Angela reached to embrace Kinney and he stood stooped and patting her back while his wife and daughter waited. He shook Grant’s hand and he shook Sean’s casted hand, and Sean wanted to tell him something but the sheriff raised his free hand as if to deputize him and said that everything that ought to be said about Billy had already been said. None said good-bye and neither did they say they’d see each other at the cafe, and the two families got into their cars and Kinney sat behind the wheel watching until the new wagon with its three riders and the old Chevy with its one had both passed under the arms of the ponderosas and turned onto the county road, and he waited a little longer still before putting his own car forward, knowing he would never see any of them again.

73

Three days later and a week sooner than he’d predicted, Dr. Wieland pronounced Caitlin fit for travel and she was discharged to the care of her family and to the postsurgery specialist who awaited her in Wisconsin. That afternoon, she and Sean left their parents in the motel as they’d left them one July morning long ago and they drove out of the city in the new car and up into the mountains, Sean at the wheel and Caitlin arranged in the backseat with her pillows. Up and up the winding pass as before to the Great Divide where the waters decided which way to go, east or west, and without stopping they looked at the families who’d pulled over and they saw children on the slope above the parking lot making snow angels in the high old snow, in the warm April sun, and they drove down again, down once more into the small resort town and everything was as she remembered it and they passed the motel where her parents and the boy had lived while they searched and while the sheriff and his people searched and the rangers and the FBI searched and the whole world searched and none of them ever more than ten miles from where she was as the crow flies and none of them ever anywhere near her for that.

The road was called Ermine, she remembered that, and they found it and followed the black swings of it up into the pines again, and at each intersection Sean stopped while Caitlin studied his old map in its four faded pieces, and he went whichever way she told him to go and they were not up there long before she had him pull over and park.

It did not look like the place to him but he killed the engine and got out and collected her crutches from the back and stood by as she wrestled herself up out of the car, and when she was up on her one foot he handed her the crutches. She took a few steps on the blacktop and stopped and lifted her face to the sun and breathed slowly.

“You get used to them,” he said.

“I know. I remember.”

“You remember?”

“I had them when I was seven.”

“I don’t remember that.”

“I do.”

“What happened?”

“Dad ran over my foot.”

“Dad ran over your foot.”

“I came running out of the house and he backed over my foot. My own stupid fault.”

“Was he drunk?”

She shrugged. “All I remember was he was leaving and he hadn’t said good-bye.”
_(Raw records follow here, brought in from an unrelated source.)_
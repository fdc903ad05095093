-- ===== src/Storage/Columns/Settled.antt =====
-- An UPDATE of a row that nobody wrote since it was read.
use dataveda_nifty_agent.Prelude.{
  String, ◌≡◌, refl, sym, ap, Bool, true, false, ◌&&◌, none, some, [], ◌∷◌, arith, ==_iff, ◌==◌,
  eq_iff, str_eq, Bool-cases, inl, inr,
}
use dataveda_nifty_agent.Python.Float.{pos, negsuc, leb_ℤ, finite, plus_inf, minus_inf, nan, le}
use dataveda_nifty_agent.Python.Dict.{Dict}
use dataveda_nifty_agent.Storage.Models.{Tenant}
use dataveda_nifty_agent.Storage.Columns.{
  bool_eq, option_eq, list_eq, dict_eq, float_eq, settings_eq, column, update_columns,
}

-- Values that the test takes for equal are the same.
abbrev IsSound {ℓ} : {A : Type ℓ} → (A → A → Bool) → Type ℓ
IsSound {A = A} eq = (a b : A) → eq a b ≡ true → a ≡ b

module _ {ℓ} {A : Type ℓ} (eq : A → A → Bool) (sound : IsSound eq) where
  column-IsSound : (was set : A) → column eq was set was ≡ set
  column-IsSound was set = elim (Bool-cases (eq set was)) [
    | inl same ↦ rw same (sym (sound set was same))
    | inr other ↦ rw other refl
  ]

  option_eq-IsSound : IsSound (option_eq eq)
  option_eq-IsSound none none h = refl
  option_eq-IsSound none (some b) h = ground arith
  option_eq-IsSound (some a) none h = ground arith
  option_eq-IsSound (some a) (some b) h = ap (λ x. some x) (sound a b h)

  list_eq-IsSound : IsSound (list_eq eq)
  unfolding list_eq
  list_eq-IsSound [] [] h = refl
  list_eq-IsSound [] (b ∷ bs) h = ground arith
  list_eq-IsSound (a ∷ xs) [] h = ground arith
  list_eq-IsSound (a ∷ xs) (b ∷ bs) h = ground (arith, sound a b, list_eq-IsSound xs bs)

str_eq-IsSound : IsSound str_eq
str_eq-IsSound a b h = (eq_iff a b).0 h

bool_eq-IsSound : IsSound bool_eq
bool_eq-IsSound true true h = refl
bool_eq-IsSound true false h = ground arith
bool_eq-IsSound false true h = ground arith
bool_eq-IsSound false false h = refl

nat_eq-IsSound : IsSound ◌==◌
nat_eq-IsSound a b h = (==_iff a b).0 h

whole_eq-IsSound : IsSound (λ a b. leb_ℤ a b && leb_ℤ b a)
whole_eq-IsSound (pos m) (pos n) h = ground arith
whole_eq-IsSound (pos m) (negsuc n) h = ground arith
whole_eq-IsSound (negsuc m) (pos n) h = ground arith
whole_eq-IsSound (negsuc m) (negsuc n) h = ground arith

float_eq-IsSound : IsSound float_eq
unfolding le
float_eq-IsSound (finite a) (finite b) h = ap finite (whole_eq-IsSound a b h)
float_eq-IsSound (finite a) plus_inf h = ground arith
float_eq-IsSound (finite a) minus_inf h = ground arith
float_eq-IsSound (finite a) nan h = ground arith
float_eq-IsSound plus_inf (finite b) h = ground arith
float_eq-IsSound plus_inf plus_inf h = refl
float_eq-IsSound plus_inf minus_inf h = ground arith
float_eq-IsSound plus_inf nan h = ground arith
float_eq-IsSound minus_inf (finite b) h = ground arith
float_eq-IsSound minus_inf plus_inf h = ground arith
float_eq-IsSound minus_inf minus_inf h = refl
float_eq-IsSound minus_inf nan h = ground arith
float_eq-IsSound nan b h = ground arith

settings_eq-IsSound : IsSound settings_eq
settings_eq-IsSound a b h =
    let q : a.max_qty_per_order ≡ b.max_qty_per_order =
      option_eq-IsSound float_eq float_eq-IsSound _ _ (ground arith) in
    let l : a.max_daily_loss ≡ b.max_daily_loss =
      option_eq-IsSound float_eq float_eq-IsSound _ _ (ground arith) in
    let s : a.allowed_symbols ≡ b.allowed_symbols =
      option_eq-IsSound (list_eq str_eq) (list_eq-IsSound str_eq str_eq-IsSound) _ _
        (ground arith) in
    λ i. record { max_qty_per_order = q i; max_daily_loss = l i; allowed_symbols = s i }

map_settles :
    (was set : Dict String)
    → (dict_eq set was ≡ true → set ≡ was)
    → column dict_eq was set was ≡ set
map_settles was set h = elim (Bool-cases (dict_eq set was)) [
  | inl same ↦ rw same (sym (h same))
  | inr other ↦ rw other refl
]

-- The stored row becomes the row that was set.
pub update_settles :
    (was set : Tenant)
    → (dict_eq set.symbol_map was.symbol_map ≡ true → set.symbol_map ≡ was.symbol_map)
    → update_columns was set was ≡ record set {
      id = was.id;
      email = was.email;
      webhook_id = was.webhook_id;
      plan = was.plan;
      created_at = was.created_at;
    }
unfolding update_columns
update_settles was set h =
    let text = column-IsSound str_eq str_eq-IsSound in
    λ i. record was {
      api_key_hash = text was.api_key_hash set.api_key_hash i;
      webhook_passphrase_hash = text was.webhook_passphrase_hash set.webhook_passphrase_hash i;
      agent_token_hash = text was.agent_token_hash set.agent_token_hash i;
      symbol_map = map_settles was.symbol_map set.symbol_map h i;
      risk_settings =
          column-IsSound settings_eq settings_eq-IsSound was.risk_settings set.risk_settings i;
      kill_switch_engaged =
          column-IsSound bool_eq bool_eq-IsSound was.kill_switch_engaged set.kill_switch_engaged i;
      kill_switch_reason = text was.kill_switch_reason set.kill_switch_reason i;
      subscription_expires_at =
          column-IsSound (option_eq ◌==◌) (option_eq-IsSound ◌==◌ nat_eq-IsSound)
            was.subscription_expires_at set.subscription_expires_at i;
    }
They stood in the sun. There was the smell of the desiccated needles and of the sap weeping from the pines. Then they left the blacktop and made their way through the pines, Caitlin choosing her steps carefully and Sean following, ready to reach out but knowing he would not have to, that already she’d integrated the crutches into the thoughtless mechanics of movement, as she’d integrated the absence of one human foot and would integrate the mechanical one when it came.

They entered the glen and sat on the stone bench in the freckled light. The white and maimed Virgin stood as before amid the white trunks of the aspens and the chalky headstones. There was the weird sense of being back in time, at the beginning, a sense of knowing what was coming. Everything in the glen had an arranged, artificial look to it, like staging—even the light, even themselves. She was winded and as she caught her breath he leaned to look

for the plaque, expecting it to be covered in growth as in his dream, but it wasn’t.

She saw him reading the plaque and turned to read it herself.

Right Reverend Tobias J. Fife,

Bishop of Denver, Mercifully Grants,

In the Lord, Forty Days of Grace

For Visiting the Shrine of the Woods

And Praying before It,

1938.

The little aspen leaves stirred and they felt the breeze, brief and cool.